Your instructions:
Nothing outside the range is wanted. Repeat exactly the lines below from the one with "department_ids = [];" through the one with "executed = refl".
(Supplied records begins)
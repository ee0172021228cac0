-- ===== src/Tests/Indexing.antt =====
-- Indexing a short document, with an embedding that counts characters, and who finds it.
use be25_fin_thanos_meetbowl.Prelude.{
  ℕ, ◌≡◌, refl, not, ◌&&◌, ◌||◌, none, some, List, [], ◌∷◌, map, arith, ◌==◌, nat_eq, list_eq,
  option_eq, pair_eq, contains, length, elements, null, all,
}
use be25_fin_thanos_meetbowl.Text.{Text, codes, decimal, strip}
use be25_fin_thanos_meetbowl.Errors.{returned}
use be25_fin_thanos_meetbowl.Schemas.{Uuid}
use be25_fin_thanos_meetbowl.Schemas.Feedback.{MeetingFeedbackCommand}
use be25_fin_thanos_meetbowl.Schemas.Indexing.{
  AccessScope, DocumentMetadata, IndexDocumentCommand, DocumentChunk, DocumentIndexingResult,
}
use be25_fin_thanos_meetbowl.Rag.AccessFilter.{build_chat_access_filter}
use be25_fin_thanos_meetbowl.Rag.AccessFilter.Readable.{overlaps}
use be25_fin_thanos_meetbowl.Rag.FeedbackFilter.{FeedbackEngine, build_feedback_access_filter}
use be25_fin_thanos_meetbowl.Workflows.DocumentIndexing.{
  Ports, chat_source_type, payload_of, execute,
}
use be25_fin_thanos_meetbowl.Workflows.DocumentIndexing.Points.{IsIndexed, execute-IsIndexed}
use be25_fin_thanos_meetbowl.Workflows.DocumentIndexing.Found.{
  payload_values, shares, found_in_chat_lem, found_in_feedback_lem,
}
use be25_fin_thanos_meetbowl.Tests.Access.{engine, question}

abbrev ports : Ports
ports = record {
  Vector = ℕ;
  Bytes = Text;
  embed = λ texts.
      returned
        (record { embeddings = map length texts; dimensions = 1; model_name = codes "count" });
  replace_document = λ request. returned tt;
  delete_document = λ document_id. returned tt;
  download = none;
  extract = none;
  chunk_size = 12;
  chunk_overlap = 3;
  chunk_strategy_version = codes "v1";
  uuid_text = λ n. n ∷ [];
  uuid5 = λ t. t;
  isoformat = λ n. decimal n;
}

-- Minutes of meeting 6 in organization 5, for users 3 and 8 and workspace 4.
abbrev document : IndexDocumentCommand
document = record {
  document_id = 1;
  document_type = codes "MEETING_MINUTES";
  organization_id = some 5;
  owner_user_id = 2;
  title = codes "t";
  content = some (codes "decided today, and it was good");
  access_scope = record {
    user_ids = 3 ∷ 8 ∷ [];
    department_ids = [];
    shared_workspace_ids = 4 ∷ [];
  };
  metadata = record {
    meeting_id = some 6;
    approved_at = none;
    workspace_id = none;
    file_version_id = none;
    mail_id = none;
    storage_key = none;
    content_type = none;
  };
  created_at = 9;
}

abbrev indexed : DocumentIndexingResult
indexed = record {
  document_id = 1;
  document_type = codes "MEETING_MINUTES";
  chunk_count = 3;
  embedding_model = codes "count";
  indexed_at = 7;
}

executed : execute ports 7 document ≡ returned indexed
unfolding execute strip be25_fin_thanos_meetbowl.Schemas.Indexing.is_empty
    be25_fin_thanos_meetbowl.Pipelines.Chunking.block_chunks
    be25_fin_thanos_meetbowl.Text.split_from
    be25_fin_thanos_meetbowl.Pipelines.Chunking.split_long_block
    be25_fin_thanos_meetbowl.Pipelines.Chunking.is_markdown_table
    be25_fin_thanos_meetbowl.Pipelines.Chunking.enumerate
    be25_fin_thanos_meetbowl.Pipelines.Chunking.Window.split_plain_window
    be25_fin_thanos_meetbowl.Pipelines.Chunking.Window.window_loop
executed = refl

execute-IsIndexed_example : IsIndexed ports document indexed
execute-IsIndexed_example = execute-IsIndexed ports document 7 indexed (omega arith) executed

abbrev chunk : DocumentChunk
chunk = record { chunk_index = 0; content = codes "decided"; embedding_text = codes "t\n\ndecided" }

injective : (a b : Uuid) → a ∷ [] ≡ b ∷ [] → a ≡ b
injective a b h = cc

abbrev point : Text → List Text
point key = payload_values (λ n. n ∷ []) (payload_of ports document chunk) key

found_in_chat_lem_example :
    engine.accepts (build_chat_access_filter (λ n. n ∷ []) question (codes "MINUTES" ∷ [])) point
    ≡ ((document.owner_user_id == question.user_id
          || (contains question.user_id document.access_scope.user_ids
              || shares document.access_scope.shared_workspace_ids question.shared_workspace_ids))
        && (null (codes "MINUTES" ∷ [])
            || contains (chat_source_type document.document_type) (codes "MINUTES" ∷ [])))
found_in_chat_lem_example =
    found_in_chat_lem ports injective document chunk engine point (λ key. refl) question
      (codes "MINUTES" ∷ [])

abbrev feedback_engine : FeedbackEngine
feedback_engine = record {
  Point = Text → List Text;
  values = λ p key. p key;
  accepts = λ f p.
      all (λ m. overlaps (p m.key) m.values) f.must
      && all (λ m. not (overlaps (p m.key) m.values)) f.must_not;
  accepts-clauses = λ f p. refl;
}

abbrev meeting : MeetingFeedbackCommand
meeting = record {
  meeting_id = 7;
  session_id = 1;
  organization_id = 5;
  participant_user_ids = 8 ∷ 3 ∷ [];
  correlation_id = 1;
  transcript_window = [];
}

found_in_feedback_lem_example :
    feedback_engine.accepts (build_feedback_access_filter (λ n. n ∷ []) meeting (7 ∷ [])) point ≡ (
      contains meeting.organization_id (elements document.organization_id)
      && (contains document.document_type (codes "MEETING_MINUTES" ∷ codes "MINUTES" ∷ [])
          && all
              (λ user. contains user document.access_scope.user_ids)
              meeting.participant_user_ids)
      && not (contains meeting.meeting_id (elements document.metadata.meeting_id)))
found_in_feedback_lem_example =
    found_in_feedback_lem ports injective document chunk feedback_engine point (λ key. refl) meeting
(Supplied records ends)
Written reply:
    department_ids = [];
    shared_workspace_ids = 4 ∷ [];
  };
  metadata = record {
    meeting_id = some 6;
    approved_at = none;
    workspace_id = none;
    file_version_id = none;
    mail_id = none;
    storage_key = none;
    content_type = none;
  };
  created_at = 9;
}

abbrev indexed : DocumentIndexingResult
indexed = record {
  document_id = 1;
  document_type = codes "MEETING_MINUTES";
  chunk_count = 3;
  embedding_model = codes "count";
  indexed_at = 7;
}

executed : execute ports 7 document ≡ returned indexed
unfolding execute strip be25_fin_thanos_meetbowl.Schemas.Indexing.is_empty
    be25_fin_thanos_meetbowl.Pipelines.Chunking.block_chunks
    be25_fin_thanos_meetbowl.Text.split_from
    be25_fin_thanos_meetbowl.Pipelines.Chunking.split_long_block
    be25_fin_thanos_meetbowl.Pipelines.Chunking.is_markdown_table
    be25_fin_thanos_meetbowl.Pipelines.Chunking.enumerate
    be25_fin_thanos_meetbowl.Pipelines.Chunking.Window.split_plain_window
    be25_fin_thanos_meetbowl.Pipelines.Chunking.Window.window_loop
executed = refl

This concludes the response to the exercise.